In a real emergency, you don't have time to reconfigure software. Persistence means your USB drive becomes a complete, portable EmComm station that works on any available hardware. Lose your laptop? Borrow any PC, plug in your USB, and you're back on the air with your full configuration.


Important: Choosing the Right Installation Method

Before proceeding, understand when to use USB boot versus permanent installation.

A dedicated PC or laptop with EmComm-Tools installed on the internal drive is always the best solution for serious emergency communications work.

  • Maximum reliability — No USB drive to fail, lose, or forget
  • Full performance — Native disk speed, no USB bottleneck
  • Persistence built-in — All configurations saved automatically
  • Ready when needed — Power on and operate immediately
  • Professional deployments — Field hospitals, EOCs, shelters

Use permanent installation when:

  • Operating a fixed EmComm station
  • Running 24/7 BBS or gateway services
  • Supporting critical emergency operations
  • Maximum reliability is essential

USB boot is ideal for testing, training, demonstrations, and as a backup deployment option.

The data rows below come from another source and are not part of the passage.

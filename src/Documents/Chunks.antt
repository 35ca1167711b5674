-- ===== src/Documents/Chunks.antt =====
-- graph-rag/src/documents.js: `chunk`.
use gwarestrin.Base.{
  ℕ, suc, ◌-◌, Bool, true, false, ◌&&◌, Option, none, some, List, [], ◌∷◌, ◌++◌, if◌then◌else◌, leb,
  ltb, eqb,
}
use Prim.Native.Nat.{max}
use gwarestrin.Documents.Blocks.{
  chunk_target, chunk_min, chunk_max, overlap, take_units, slice, Kind, heading, text, Block,
  blocks, split_long,
}

-- A section while it is being filled, and what is kept of it.
pub record Chunk : Type 0 where
  pub name : List ℕ
  pub start : ℕ
  pub end : ℕ
  pub body : Bool

pub record Section : Type 0 where
  pub index : ℕ
  pub name : List ℕ
  pub start : ℕ
  pub end : ℕ
  pub text : List ℕ
  pub embed_text : List ℕ

-- `src.replace(/\r\n?/g, "\n")`; `after_return` says that the unit before was a carriage return.
abbrev pub unix_lines : Bool → List ℕ → List ℕ
unix_lines after_return [] = []
unix_lines after_return (c ∷ s) =
    let plain = unix_lines false s in
    let returned = unix_lines true s in
    if eqb c 13 then 10 ∷ returned else if eqb c 10 && after_return then plain else c ∷ plain

abbrev pub is_long : Block → Bool
is_long b = elim b.kind [ text ↦ ltb chunk_max (b.end - b.start) | heading level name ↦ false ]

abbrev pub split_if_long : Block → List Block
split_if_long b = if is_long b then split_long b else b ∷ []

abbrev pub split_all : List Block → List Block
split_all [] = []
split_all (b ∷ bs) = split_if_long b ++ split_all bs

abbrev pub close_chunk : Option Chunk → List Chunk
close_chunk none = []
close_chunk (some c) = c ∷ []

abbrev pub has_substance : Chunk → Bool
has_substance c = leb chunk_min (c.end - c.start)

abbrev pub open_chunk : List ℕ → Block → Bool → Chunk
open_chunk name b body = record { name = name; start = b.start; end = b.end; body = body }

-- The sections that a block closes, and the open section and heading behind it.
pub record Filling : Type 0 where
  pub closed : List Chunk
  pub open_one : Option Chunk
  pub under : List ℕ

abbrev pub headed : List ℕ → Block → Chunk → Chunk
headed name b c = record c { end = b.end; name = if c.body then c.name else name }

abbrev pub filled : Block → Chunk → Chunk
filled b c = record c { end = b.end; body = true }

abbrev pub fill : Kind → Block → Option Chunk → List ℕ → Filling
fill (heading level name) b none under = record {
  closed = [];
  open_one = some (open_chunk name b false);
  under = name;
}
fill (heading level name) b (some c) under =
    if has_substance c
    then record { closed = c ∷ []; open_one = some (open_chunk name b false); under = name }
    else record { closed = []; open_one = some (headed name b c); under = name }
fill text b none under = record {
  closed = [];
  open_one = some (open_chunk under b true);
  under = under;
}
fill text b (some c) under =
    if ltb chunk_target (b.end - c.start) && has_substance c
    then record { closed = c ∷ []; open_one = some (open_chunk under b true); under = under }
    else record { closed = []; open_one = some (filled b c); under = under }

abbrev pub chunks_from : List ℕ → Option Chunk → List Block → List Chunk
chunks_from under cur [] = close_chunk cur
chunks_from under cur (b ∷ bs) =
    let next = fill b.kind b cur under in next.closed ++ chunks_from next.under next.open_one bs

unfoldable pub spans_of : List ℕ → List Chunk
unfolding blocks split_long
spans_of src = chunks_from [] none (split_all (blocks src))

abbrev line_of : List ℕ → List ℕ
line_of [] = []
line_of (c ∷ s) = (c ∷ s) ++ 10 ∷ []

abbrev context : List ℕ → List ℕ
context [] = []
context (c ∷ s) = 8230 ∷ (c ∷ s) ++ 10 ∷ []

-- The tail of the section before.
abbrev tail_of : List ℕ → Option Chunk → List ℕ
tail_of src none = []
tail_of src (some p) = slice (max p.start (p.end - overlap)) p.end src

abbrev pub section_of : List ℕ → ℕ → Option Chunk → Chunk → Section
section_of src index before c = record {
  index = index;
  name = c.name;
  start = c.start;
  end = c.end;
  text = slice c.start c.end src;
  embed_text =
      take_units 6000 (line_of c.name ++ context (tail_of src before) ++ slice c.start c.end src);
}

abbrev pub sections_of : List ℕ → ℕ → Option Chunk → List Chunk → List Section
sections_of src index before [] = []
sections_of src index before (c ∷ cs) =
    section_of src index before c ∷ sections_of src (suc index) (some c) cs

unfoldable pub chunk : List ℕ → List Section
unfolding spans_of
chunk s = let src = unix_lines false s in sections_of src 0 none (spans_of src)
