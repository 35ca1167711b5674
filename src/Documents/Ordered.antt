-- ===== src/Documents/Ordered.antt =====
-- graph-rag/src/documents.js: the blocks of a document, in order.
use gwarestrin.Base.{
  ℕ, suc, ◌+◌, ◌≤◌, ◌≡◌, subst, not, Option, none, some, List, [], ◌∷◌, eqb, length, arith, inl,
  inr, Bool-cases,
}
use gwarestrin.Documents.Blocks.{
  is_blank, trim_units, push_line, split_lines, Block, heading_of, is_speaker, flush_block,
  extend_block, block_step, blocks_from, blocks,
}
use gwarestrin.Documents.Spans.{Ordered, Apart, Apart-append, Apart-Ordered}

abbrev pub block_start : Block → ℕ
block_start b = b.start

abbrev pub block_end : Block → ℕ
block_end b = b.end

-- The lines of a text, each with a newline behind it.
abbrev pub total : List (List ℕ) → ℕ
total [] = 0
total (line ∷ ls) = suc (length line) + total ls

total-split_lines : (s : List ℕ) → total (split_lines s) ≡ suc (length s)
total-split_lines [] = omega arith
total-split_lines (c ∷ s) = elim (Bool-cases (eqb c 10)) [
  | inl e ↦ rw (split_lines, e) (omega (arith, total-split_lines s))
  | inr e ↦ rw (split_lines, e) (pushed (split_lines s) (total-split_lines s))
]
  where
    pushed :
        (ls : List (List ℕ))
        → total ls ≡ suc (length s)
        → total (push_line c ls) ≡ suc (suc (length s))
    pushed [] h = omega arith
    pushed (line ∷ ls) h = omega arith

-- An open block stands between `lo` and the line that comes next.
abbrev OpenAt : ℕ → Option Block → ℕ → Type 0
OpenAt lo none pos = lo ≤ pos
OpenAt lo (some b) pos = (lo ≤ b.start) × (b.start ≤ b.end) × (suc b.end ≤ pos)

flush_block-Apart :
    (lo pos : ℕ) (cur : Option Block)
    → OpenAt lo cur pos
    → Apart block_start block_end lo (flush_block cur) pos
flush_block-Apart lo pos none h = h
flush_block-Apart lo pos (some b) (x, y, z) = elim (Bool-cases (not (is_blank b.text))) [
  | inl e ↦ rw (flush_block, e) (x, y, z)
  | inr e ↦ rw (flush_block, e) (omega arith)
]

-- After a round the blocks given end before the open one, or before the next line.
abbrev Stepped : ℕ → ℕ → List Block × Option Block → Type 0
Stepped lo next step =
    (mid : ℕ) × (Apart block_start block_end lo step.0 mid) × OpenAt mid step.1 next

block_step-Stepped :
    (lo pos : ℕ) (line : List ℕ) (cur : Option Block) (h : Option (ℕ × List ℕ))
    → OpenAt lo cur pos
    → Stepped lo (suc (pos + length line)) (block_step pos line cur h)
block_step-Stepped lo pos line cur (some (level, name)) v = (
  suc (pos + length line),
  Apart-append block_start block_end lo pos (suc (pos + length line)) (flush_block cur) _
      (flush_block-Apart lo pos cur v) (omega arith, omega arith, omega arith),
  omega arith,
)
block_step-Stepped lo pos line cur none v = elim (Bool-cases (is_blank line)) [
  | inl e ↦ rw (block_step, e) (pos, flush_block-Apart lo pos cur v, omega arith)
  | inr e ↦ elim (Bool-cases (is_speaker line)) [
    | inl t ↦
        rw (block_step, e, t)
          (pos, flush_block-Apart lo pos cur v, (omega arith, omega arith, omega arith))
    | inr t ↦ rw (block_step, e, t) (lo, omega arith, extended cur v)
  ]
]
  where
    extended :
        (cur : Option Block)
        → OpenAt lo cur pos
        → OpenAt lo (some (extend_block pos line cur)) (suc (pos + length line))
    extended none h = (h, omega arith, omega arith)
    extended (some b) (x, y, z) = (x, omega arith, omega arith)

blocks_from-Apart :
    (lo pos hi : ℕ) (cur : Option Block) (ls : List (List ℕ))
    → pos + total ls ≡ hi
    → OpenAt lo cur pos
    → Apart block_start block_end lo (blocks_from pos cur ls) hi
blocks_from-Apart lo pos hi cur [] e v =
    subst (Apart block_start block_end lo (flush_block cur)) (omega (arith, e))
      (flush_block-Apart lo pos cur v)
blocks_from-Apart lo pos hi cur (line ∷ ls) e v =
    let (mid, given, left) = block_step-Stepped lo pos line cur (heading_of (trim_units line)) v in
    Apart-append block_start block_end lo mid hi _ _ given
      (blocks_from-Apart mid (suc (pos + length line)) hi _ ls (omega (arith, e)) left)

pub blocks-Ordered : (s : List ℕ) → Ordered block_start block_end 0 (blocks s) (length s)
unfolding blocks
blocks-Ordered s =
    Apart-Ordered block_start block_end (length s) (blocks_from 0 none (split_lines s)) (
      blocks_from-Apart 0 0 (suc (length s)) none (split_lines s)
        (omega (arith, total-split_lines s)) (omega arith))
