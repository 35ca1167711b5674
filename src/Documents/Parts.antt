-- ===== src/Documents/Parts.antt =====
-- graph-rag/src/documents.js: the parts that `splitLong` cuts a block into.
use gwarestrin.Base.{
  ℕ, zero, suc, ◌+◌, ◌-◌, ◌≤◌, ◌≡◌, refl, Bool, true, false, Option, none, some, List, [], ◌∷◌,
  if◌then◌else◌, ltb, length, arith, inl, inr, Bool-cases, Option-cases,
}
use Prim.Native.Nat.{max}
use gwarestrin.Documents.Blocks.{
  chunk_max, take_units, drop_units, Block, at_sentence, at_newline, last_where, or_first, cut_at,
  part_length, split_from, split_long,
}
use gwarestrin.Documents.Chunks.{is_long, split_if_long, split_all}
use gwarestrin.Documents.Spans.{Ordered, Ordered-from, Ordered-append}
use gwarestrin.Documents.Ordered.{block_start, block_end}

last_where-below :
    (p : List ℕ → Bool) (s : List ℕ) (i : ℕ) → last_where p s ≡ some i → suc i ≤ length s
last_where-below p [] i e = absurd (cc e)
last_where-below p (c ∷ s) i e = elim (Option-cases (last_where p s)) [
  | inr (j, f) ↦
      let here : suc j ≡ i = cc (rw (last_where, f) at e) in
      omega (arith, here, last_where-below p s j f)
  | inl f ↦ elim (Bool-cases (p (c ∷ s))) [
    | inl t ↦ let here : 0 ≡ i = cc (rw (last_where, f, t) at e) in omega (arith, here)
    | inr t ↦ absurd (cc (rw (last_where, f, t) at e))
  ]
]

or_first-bound :
    (s : List ℕ) (o : Option ℕ)
    → ((i : ℕ) → o ≡ some i → suc i ≤ length s)
    → or_first o ≤ length s - 1
or_first-bound s none h = omega arith
or_first-bound s (some i) h = omega (arith, h i refl)

length-take_units : (n : ℕ) (s : List ℕ) → length (take_units n s) ≤ n
length-take_units zero s = omega arith
length-take_units (suc n) [] = omega arith
length-take_units (suc n) (c ∷ s) = omega (arith, length-take_units n s)

cut_at-bound : (window : List ℕ) → cut_at window ≤ length window - 1
cut_at-bound window =
    max_le _ _ (length window - 1) (or_first-bound window _ (last_where-below at_sentence window))
      (or_first-bound window _ (last_where-below at_newline window))
  where
    max_le : (a b n : ℕ) → a ≤ n → b ≤ n → max a b ≤ n
    max_le a b n h k = ground arith

-- A part is at least a unit long and at most as long as a section may be.
pub part_length-bounds : (rest : List ℕ) → (1 ≤ part_length rest) × (part_length rest ≤ chunk_max)
part_length-bounds rest =
    bounds (cut_at (take_units chunk_max rest)) (length (take_units chunk_max rest))
      (cut_at-bound (take_units chunk_max rest)) (length-take_units chunk_max rest)
  where
    bounds :
        (cut n : ℕ)
        → cut ≤ n - 1
        → n ≤ 3200
        → (1 ≤ (if ltb 400 cut then suc cut else 3200))
          × ((if ltb 400 cut then suc cut else 3200) ≤ 3200)
    bounds cut n h k = (ground arith, ground arith)

split_from-Ordered :
    (fuel : ℕ) (b : Block) (s : ℕ) (rest : List ℕ)
    → s ≤ b.end
    → Ordered block_start block_end s (split_from fuel b s rest) b.end
split_from-Ordered zero b s rest h = (omega arith, h, omega arith)
split_from-Ordered (suc fuel) b s rest h = elim (Bool-cases (ltb chunk_max (b.end - s))) [
  | inl e ↦
      rw (split_from, e)
        (
          omega arith,
          omega arith,
          split_from-Ordered fuel b (s + part_length rest) (drop_units (part_length rest) rest)
              (fits (part_length rest) (part_length-bounds rest).1 e),
        )
  | inr e ↦ rw (split_from, e) (omega arith, h, omega arith)
]
  where
    fits : (len : ℕ) → len ≤ 3200 → ltb 3200 (b.end - s) ≡ true → s + len ≤ b.end
    fits len k e = ground arith

split_if_long-Ordered :
    (b : Block) → b.start ≤ b.end → Ordered block_start block_end b.start (split_if_long b) b.end
unfolding split_long
split_if_long-Ordered b h = elim (Bool-cases (is_long b)) [
  | inl e ↦ rw (split_if_long, e) (split_from-Ordered (b.end - b.start) b b.start b.text h)
  | inr e ↦ rw (split_if_long, e) (omega arith, h, omega arith)
]

pub split_all-Ordered :
    (lo hi : ℕ) (bs : List Block)
    → Ordered block_start block_end lo bs hi
    → Ordered block_start block_end lo (split_all bs) hi
split_all-Ordered lo hi [] v = v
split_all-Ordered lo hi (b ∷ bs) (x, y, z) =
    Ordered-append block_start block_end lo b.end hi (split_if_long b) (split_all bs)
      (Ordered-from block_start block_end lo b.start b.end (split_if_long b) x
        (split_if_long-Ordered b y))
      (split_all-Ordered b.end hi bs z)

abbrev pub AllShort : List Block → Type 0
AllShort [] = Unit
AllShort (b ∷ bs) = (b.end - b.start ≤ chunk_max) × AllShort bs

split_from-AllShort :
    (fuel : ℕ) (b : Block) (s : ℕ) (rest : List ℕ)
    → b.end - s ≤ fuel
    → AllShort (split_from fuel b s rest)
split_from-AllShort zero b s rest h = (omega arith, tt)
split_from-AllShort (suc fuel) b s rest h = elim (Bool-cases (ltb chunk_max (b.end - s))) [
  | inl e ↦
      rw (split_from, e)
        (
          within (part_length rest) (part_length-bounds rest).1,
          split_from-AllShort fuel b (s + part_length rest) (drop_units (part_length rest) rest)
              (shorter (part_length rest) (part_length-bounds rest).0),
        )
  | inr e ↦ rw (split_from, e) (fits (b.end - s) e, tt)
]
  where
    within : (len : ℕ) → len ≤ 3200 → s + len - s ≤ 3200
    within len k = omega arith

    shorter : (len : ℕ) → 1 ≤ len → b.end - (s + len) ≤ fuel
    shorter len k = omega arith

    fits : (n : ℕ) → ltb 3200 n ≡ false → n ≤ 3200
    fits n e = ground arith

-- However long a block is, its parts follow one another from its start to its end, and none is longer than the
-- limit of a section.
pub split_long-parts :
    (b : Block)
    → b.start ≤ b.end
    → Ordered block_start block_end b.start (split_long b) b.end × AllShort (split_long b)
unfolding split_long
split_long-parts b h = (
  split_from-Ordered (b.end - b.start) b b.start b.text h,
  split_from-AllShort (b.end - b.start) b b.start b.text (omega arith),
)
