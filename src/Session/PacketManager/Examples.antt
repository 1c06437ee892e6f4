-- ===== src/Session/PacketManager/Examples.antt =====
-- Tests of PacketManager.cpp's model, with a server of one connection.
use unreal5_gas.Base.{
  ℕ, ◌+◌, ◌^◌, ◌≤◌, ◌<◌, ◌≡◌, refl, some, List, [], ◌∷◌, ◌++◌, arith, length, replicate,
}
use unreal5_gas.Base.Dict.{find}
use unreal5_gas.Session.Packet.{
  PacketInfo, null, packet_bytes, packet_header_length, login_request, login_response,
  sys_user_connect,
}
use unreal5_gas.Session.User.{User, login, new_user}
use unreal5_gas.Session.User.Samples.{user_with, user_with-IsValid, unread-user_with}
use unreal5_gas.Session.DoubleBuffer.{new_buffer}
use unreal5_gas.Session.UserManager.{get_user_by_conn_idx}
use unreal5_gas.Session.PacketManager.{Server, Build, serve_client, c_string}
use unreal5_gas.Session.PacketManager.Dispatch.{HasPacket, after_cut, serve_client_system_id}
use unreal5_gas.Session.PacketManager.Login.{login_step, login_request_step, forged_login}

abbrev build : Build
build = record {
  lobby_request = 207;
  lobby_response = 208;
  stack_type = 0;
  stack_id = replicate 33 0;
}

abbrev server_of : User → List ℕ → List PacketInfo → Server
server_of u incoming system = record {
  users = record { max_user_cnt = 1; user_obj_pool = u ∷ []; user_id_dictionary = [] };
  incoming = incoming;
  system_queue = system;
  db_queue = new_buffer;
  server_queue = new_buffer;
  sent = [];
}

abbrev sender : ℕ → List ℕ → List ℕ → User
sender id payload rest = user_with (packet_bytes id 0 payload ++ rest)

sender-HasPacket :
    (id : ℕ) (payload rest : List ℕ)
    → length (packet_bytes id 0 payload ++ rest) ≤ 8096
    → packet_header_length + length payload < 2 ^ 16
    → HasPacket 0 [] id 0 payload rest
        (sender id payload rest)
        (server_of (sender id payload rest) (0 ∷ []) [])
unfolding get_user_by_conn_idx new_user
sender-HasPacket id payload rest fits small = record {
  queued = refl;
  user_at = refl;
  valid = user_with-IsValid (packet_bytes id 0 payload ++ rest) fits;
  own_index = refl;
  small = small;
  first = unread-user_with (packet_bytes id 0 payload ++ rest);
}

abbrev name_field : List ℕ
name_field = 97 ∷ replicate 32 0

abbrev claimed : List ℕ
claimed = name_field ++ (1 ∷ [])

forged_login_example :
    (t : Server) × (v : User) × (serve_client build
        (server_of (sender login_response claimed []) (0 ∷ []) [])
      ≡ some t)
    × (get_user_by_conn_idx t.users 0 ≡ some v)
    × (v.cur_domain_state ≡ login)
    × (v.user_id ≡ 97 ∷ [])
    × (t.db_queue ≡ new_buffer)
unfolding c_string
forged_login_example =
    forged_login build 0 [] 0 name_field [] (97 ∷ []) (sender login_response claimed [])
      (server_of (sender login_response claimed []) (0 ∷ []) [])
      (record { request = λ e. omega arith; response = λ e. omega arith })
      (sender-HasPacket login_response claimed [] (omega arith) (omega arith)) refl refl

abbrev asking : User
asking = sender login_request (name_field ++ name_field) []

login_request_step_example :
    serve_client build (server_of asking (0 ∷ []) [])
    ≡ some (
        login_step
          (find (97 ∷ []) [])
          build
          0
          asking
          (after_cut 0 [] 71 asking (server_of asking (0 ∷ []) [])))
unfolding c_string
login_request_step_example =
    login_request_step build 0 [] 0 name_field name_field [] (97 ∷ []) asking
      (server_of asking (0 ∷ []) [])
      (record { request = λ e. omega arith; response = λ e. omega arith })
      (sender-HasPacket login_request (name_field ++ name_field) [] (omega arith) (omega arith))
      refl refl

abbrev twice : User
twice = sender 205 (1 ∷ []) (packet_bytes 205 0 (2 ∷ []))

abbrev notice : PacketInfo
notice = record { client_index = 0; packet_id = sys_user_connect; data_size = 0; data_ptr = null }

abbrev intruder : User
intruder = sender 11 [] []

serve_client_system_id_example :
    serve_client build (server_of intruder (0 ∷ []) [])
    ≡ some (after_cut 0 [] 5 intruder (server_of intruder (0 ∷ []) []))
serve_client_system_id_example =
    serve_client_system_id build 0 [] 11 0 [] [] intruder (server_of intruder (0 ∷ []) [])
      (sender-HasPacket 11 [] [] (omega arith) (omega arith)) (omega arith)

  • Rapid testing — Try new ISO builds without touching your main system
  • Portability — Carry EmComm-Tools in your pocket
  • Multi-boot — Keep multiple ISO versions on one drive
  • Emergency backup — Boot any available PC in a crisis
  • Training — Let students practice without permanent changes

Use USB boot when:

  • Testing new ISO releases before deployment
  • Training new operators
  • Demonstrating EmComm-Tools at events
  • Backup option when primary system fails
  • Temporarily converting any PC to an EmComm station

USB Speed Matters: Use a USB 3.x drive for Live Boot. USB 2.0 drives cause noticeably slower boot times, application launches, and persistence save/restore operations. A quality USB 3.0+ drive on a USB 3.0 port makes a significant difference in overall responsiveness.


Standard USB Boot (Quick Method)

The simplest way to create a bootable USB is to write the ISO directly to a drive. This is the recommended method for most users who just need to boot or install EmComm-Tools.

The only software you need is a USB boot creator. Here are the most reliable options by platform:

Windows

  • Rufus — Fast, reliable, open-source. The gold standard for Windows. rufus.ie
  • balenaEtcher — Simple 3-step process, validates writes, cross-platform. etcher.balena.io
  • Ventoy — Multi-boot capable, put multiple ISOs on one USB. ventoy.net

macOS

  • balenaEtcher — Best choice for Mac, simple, reliable, native app. etcher.balena.io
  • UNetbootin — Cross-platform, works well for Linux ISOs. unetbootin.github.io
  • dd (Terminal) — Built-in, powerful but requires care. sudo dd if=image.iso of=/dev/diskN bs=4M

Linux

  • balenaEtcher — Same simple interface as other platforms. AppImage available.
  • Ventoy — Install once, then just copy ISO files to USB. ventoy.net
  • GNOME Disks — Built into most GNOME desktops, "Restore Disk Image" feature. Pre-installed.
  • dd — Classic Unix tool, fast and reliable. sudo dd if=image.iso of=/dev/sdX bs=4M status=progress

Recommendation

For beginners: balenaEtcher — Works on all platforms, impossible to accidentally overwrite your hard drive, validates the write.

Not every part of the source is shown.